» **Work instruction**
In the entries below, find the line with "session = none;" and the line with "net.cookies session >>= λ cookies. net.set_cookies". Reproduce those two lines and every line between them exactly, and nothing more.

» **Input**
-- ===== src/E2e/Authorize.antt =====
-- The browser of e2e/http/run.py: `authorize` and `direct_authorization` follow redirects and fill
-- in Keycloak's forms, for sixteen transitions at most.
pub mod Outcome
pub mod Frame
pub mod Direct
pub mod Success
use keycloak_oidc4ac_lab.Prelude.{
  ℕ, zero, suc, String, Bool, true, false, not, Option, none, some, List, [], ◌∷◌, ◌++◌, map,
  nat_eq, contains, select, ◌<>◌, ◌==◌, ◌&&◌, ◌||◌, Result, ok, err, check_failure, if◌then◌else◌,
}
use keycloak_oidc4ac_lab.Prelude.Dict
use keycloak_oidc4ac_lab.Prelude.Dict.{Dict, is_member}
use keycloak_oidc4ac_lab.Prelude.Action.{Action, pure, raise, lift, gets, ◌>>=◌, ◌>>◌}
use keycloak_oidc4ac_lab.Json.{Value, object}
use keycloak_oidc4ac_lab.E2e.Totp.{current_totp, must_wait, counter_at, wait, Clock}
use keycloak_oidc4ac_lab.E2e.Forms.{Form, parse_forms}
use keycloak_oidc4ac_lab.E2e.Lab.{Reply, Cookie, Network, Lab, Settings, Constants, outside}
use keycloak_oidc4ac_lab.E2e.Pages.{AuthorizationResult}
use keycloak_oidc4ac_lab.E2e.Smtp.{smtp_messages, smtp_message_key, smtp_verification_code}

-- `check(condition, message)`, as an action
abbrev pub require {ℓ} : {S : Type ℓ} → Bool → String → Action S (Unit {ℓ})
require true message s = (ok tt, s)
require false message s = (err (check_failure message), s)

-- The equality of two lists of texts.
abbrev pub same_forms : List String → List String → Bool
same_forms [] [] = true
same_forms [] (y ∷ ys) = false
same_forms (x ∷ xs) [] = false
same_forms (x ∷ xs) (y ∷ ys) = x == y && same_forms xs ys

abbrev is_loopback : String → Bool
is_loopback domain =
    domain == "keycloak.localhost" || domain == "localhost" || domain == "localhost.local"

-- `cookie.secure = False`, on the loopback names only
unfoldable pub loosen : Cookie → Cookie
loosen cookie = if is_loopback cookie.domain then record cookie { secure = false } else cookie

-- The keyword arguments of `authorize`.
pub record Options : Type 0 where
  pub session : Option ℕ
  pub prompt_login : Bool
  pub omit_claims : Bool
  pub offline_access : Bool
  pub use_email_code : Bool

abbrev pub defaults : Options
defaults = record {
  session = none;
  prompt_login = true;
  omit_claims = false;
  offline_access = false;
  use_email_code = false;
}

abbrev switch : Bool → String → Dict (Option String) → Dict (Option String)
switch true name form = Dict.insert name (some "on") form
switch false name form = form

-- What a page asks for, in the order in which `authorize` looks.
pub data Screen : Type 0 where
  redirect : Screen
  login_form otp_form : Form → Screen
  enrolment terminal unexpected : Screen

abbrev pub shows_result : Reply → Bool
shows_result reply =
    nat_eq reply.status 200
    && (contains "Verified authentication context" reply.text
        || contains "class=\"error-page\"" reply.text)

module _ {W : Type 0} (net : Network W) where
  unfoldable pub screen_of : Reply → Screen
  screen_of reply =
      let forms = parse_forms (net.tokenise reply.text) in
      let other =
        if Dict.mem "kc-totp-settings-form" forms
        then enrolment
        else if shows_result reply
        then terminal
        else unexpected in
      if reply.is_redirect then redirect else elim (Dict.lookup "kc-form-login" forms) [
        | some form ↦ login_form form
        | none ↦ elim (Dict.lookup "kc-otp-login-form" forms) [
          | some form ↦ otp_form form
          | none ↦ other
        ]
      ]

  unfoldable pub allow_loopback_secure_cookies : ℕ → Action W Unit
  unfolding loosen
  allow_loopback_secure_cookies session =
      net.cookies session >>= λ cookies. net.set_cookies session (map loosen cookies)

  -- The cookies of a domain that names Keycloak are dropped.
  unfoldable pub clear_keycloak_cookies : ℕ → Action W Unit
  clear_keycloak_cookies session = net.cookies session >>= λ cookies.
      net.set_cookies session (select (λ cookie. not (contains "keycloak" cookie.domain)) cookies)

  unfoldable pub post_form : ℕ → Reply → Form → Dict (Option String) → Action W Reply
  post_form session reply form values =
      net.post session (net.url_join reply.url form.action) (Dict.update form.values values)

  unfoldable pub follow : ℕ → Reply → Action W Reply
  follow session reply = elim reply.location [
    | none ↦ raise (check_failure "Redirect response did not include Location.")
    | some location ↦ net.get session (net.url_join reply.url (some location))
  ]

  unfoldable pub clock_for : Settings → Action W Clock
  clock_for settings = net.time >>= λ now.
      if must_wait settings.last_totp_counter (counter_at now)
      then (net.time >>= λ asleep.
          net.pause (wait asleep)
          >> (net.time >>= λ woken. pure (record { now = now; asleep = asleep; woken = woken })))
      else pure (record { now = now; asleep = now; woken = now })

abbrev pub credentials : Settings → Form → Dict (Option String)
credentials settings form =
    if Dict.mem "password" form.values
    then ("username", some settings.alice) ∷ ("password", some settings.password) ∷ []
    else ("username", some settings.alice) ∷ []

-- Only the screen that takes the password counts as an authentication form.
unfoldable pub counted : Form → List String → List String
counted form submitted =
    if Dict.mem "password" form.values then submitted ++ "kc-form-login" ∷ [] else submitted

module _ {W : Type 0} (net : Network W) (constants : Constants) where
  -- The code for the OTP form, as decimal digits in a text.
  fresh_totp : Action (Lab W) String
  unfolding clock_for
  fresh_totp = gets (λ s. s.settings) >>= λ settings. outside (clock_for net settings) >>= λ clock.
      λ s.
        let (code, last) = current_totp constants.totp_secret settings.last_totp_counter clock in
        (
          ok (net.digits_text code),
          record s { settings = record settings { last_totp_counter = last } },
        )

  module _ (session : ℕ) (emailed : Option (List String)) where
    unfoldable pub one_time_code : Action (Lab W) String
    unfolding fresh_totp
    one_time_code = elim emailed [
      | some previous ↦ outside (smtp_verification_code net constants previous)
      | none ↦ fresh_totp
    ]

    -- The body of the loop, on what the page asks for.
    unfoldable pub act :
        (Reply → List String → Action (Lab W) AuthorizationResult)
        → Reply
        → List String
        → Screen
        → Action (Lab W) AuthorizationResult
    act again reply submitted redirect =
        outside (follow net session reply) >>= λ next. again next submitted
    act again reply submitted (login_form form) = gets (λ s. s.settings) >>= λ settings.
        outside (post_form net session reply form (credentials settings form)) >>= λ next.
        again next (counted form submitted)
    act again reply submitted (otp_form form) = one_time_code >>= λ otp.
        outside (post_form net session reply form (("otp", some otp) ∷ [])) >>= λ next.
        again next (submitted ++ "kc-otp-login-form" ∷ [])
    act again reply submitted enrolment = raise (check_failure "Keycloak asked to enrol OTP.")
    act again reply submitted terminal =
        pure (record { session = session; response = reply; forms = submitted })
    act again reply submitted unexpected =
        raise (check_failure "Unexpected page during authorization.")

    -- The loop, with the number of transitions that are left.
    unfoldable pub drive : ℕ → Reply → List String → Action (Lab W) AuthorizationResult
    unfolding screen_of allow_loopback_secure_cookies act
    drive zero reply submitted =
        raise (check_failure "Authorization did not reach the test-client callback.")
    drive (suc transitions) reply submitted =
        let again : Reply → List String → Action (Lab W) AuthorizationResult = drive transitions in
        outside (allow_loopback_secure_cookies net session)
        >> act again reply submitted (screen_of net reply)

  abbrev pub known_messages : Bool → Action W (Option (List String))
  known_messages true = smtp_messages net constants >>= λ messages.
      pure (some (map (smtp_message_key net constants) messages))
  known_messages false = pure none

  abbrev pub session_for : Option ℕ → Action W ℕ
  session_for (some session) = pure session
  session_for none = net.new_session

  -- The form that the test client's /login is sent.
  unfoldable pub login_data : Dict Value → Options → Dict (Option String)
  login_data request_claims options =
      let offered =
        switch options.offline_access "offline_access"
          (switch options.prompt_login "prompt_login" []) in
      if options.omit_claims
      then switch true "omit_claims" offered
      else Dict.insert "claims_json" (some (net.dumps_default (object request_claims))) offered

  unfoldable pub authorize : Dict Value → Options → Action (Lab W) AuthorizationResult
  unfolding drive login_data
  authorize request_claims options = do
    session ← outside (session_for options.session)
    emailed ← outside (known_messages options.use_email_code)
    settings ← gets (λ s. s.settings)
    response ←
        outside (net.post session (settings.client <> "/login") (login_data request_claims options))
    require response.is_redirect "Test-client /login did not redirect."
    drive session emailed 16 response []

» **Exercise output**
  session = none;
  prompt_login = true;
  omit_claims = false;
  offline_access = false;
  use_email_code = false;
}

abbrev switch : Bool → String → Dict (Option String) → Dict (Option String)
switch true name form = Dict.insert name (some "on") form
switch false name form = form

-- What a page asks for, in the order in which `authorize` looks.
pub data Screen : Type 0 where
  redirect : Screen
  login_form otp_form : Form → Screen
  enrolment terminal unexpected : Screen

abbrev pub shows_result : Reply → Bool
shows_result reply =
    nat_eq reply.status 200
    && (contains "Verified authentication context" reply.text
        || contains "class=\"error-page\"" reply.text)

module _ {W : Type 0} (net : Network W) where
  unfoldable pub screen_of : Reply → Screen
  screen_of reply =
      let forms = parse_forms (net.tokenise reply.text) in
      let other =
        if Dict.mem "kc-totp-settings-form" forms
        then enrolment
        else if shows_result reply
        then terminal
        else unexpected in
      if reply.is_redirect then redirect else elim (Dict.lookup "kc-form-login" forms) [
        | some form ↦ login_form form
        | none ↦ elim (Dict.lookup "kc-otp-login-form" forms) [
          | some form ↦ otp_form form
          | none ↦ other
        ]
      ]

  unfoldable pub allow_loopback_secure_cookies : ℕ → Action W Unit
  unfolding loosen
  allow_loopback_secure_cookies session =
      net.cookies session >>= λ cookies. net.set_cookies session (map loosen cookies)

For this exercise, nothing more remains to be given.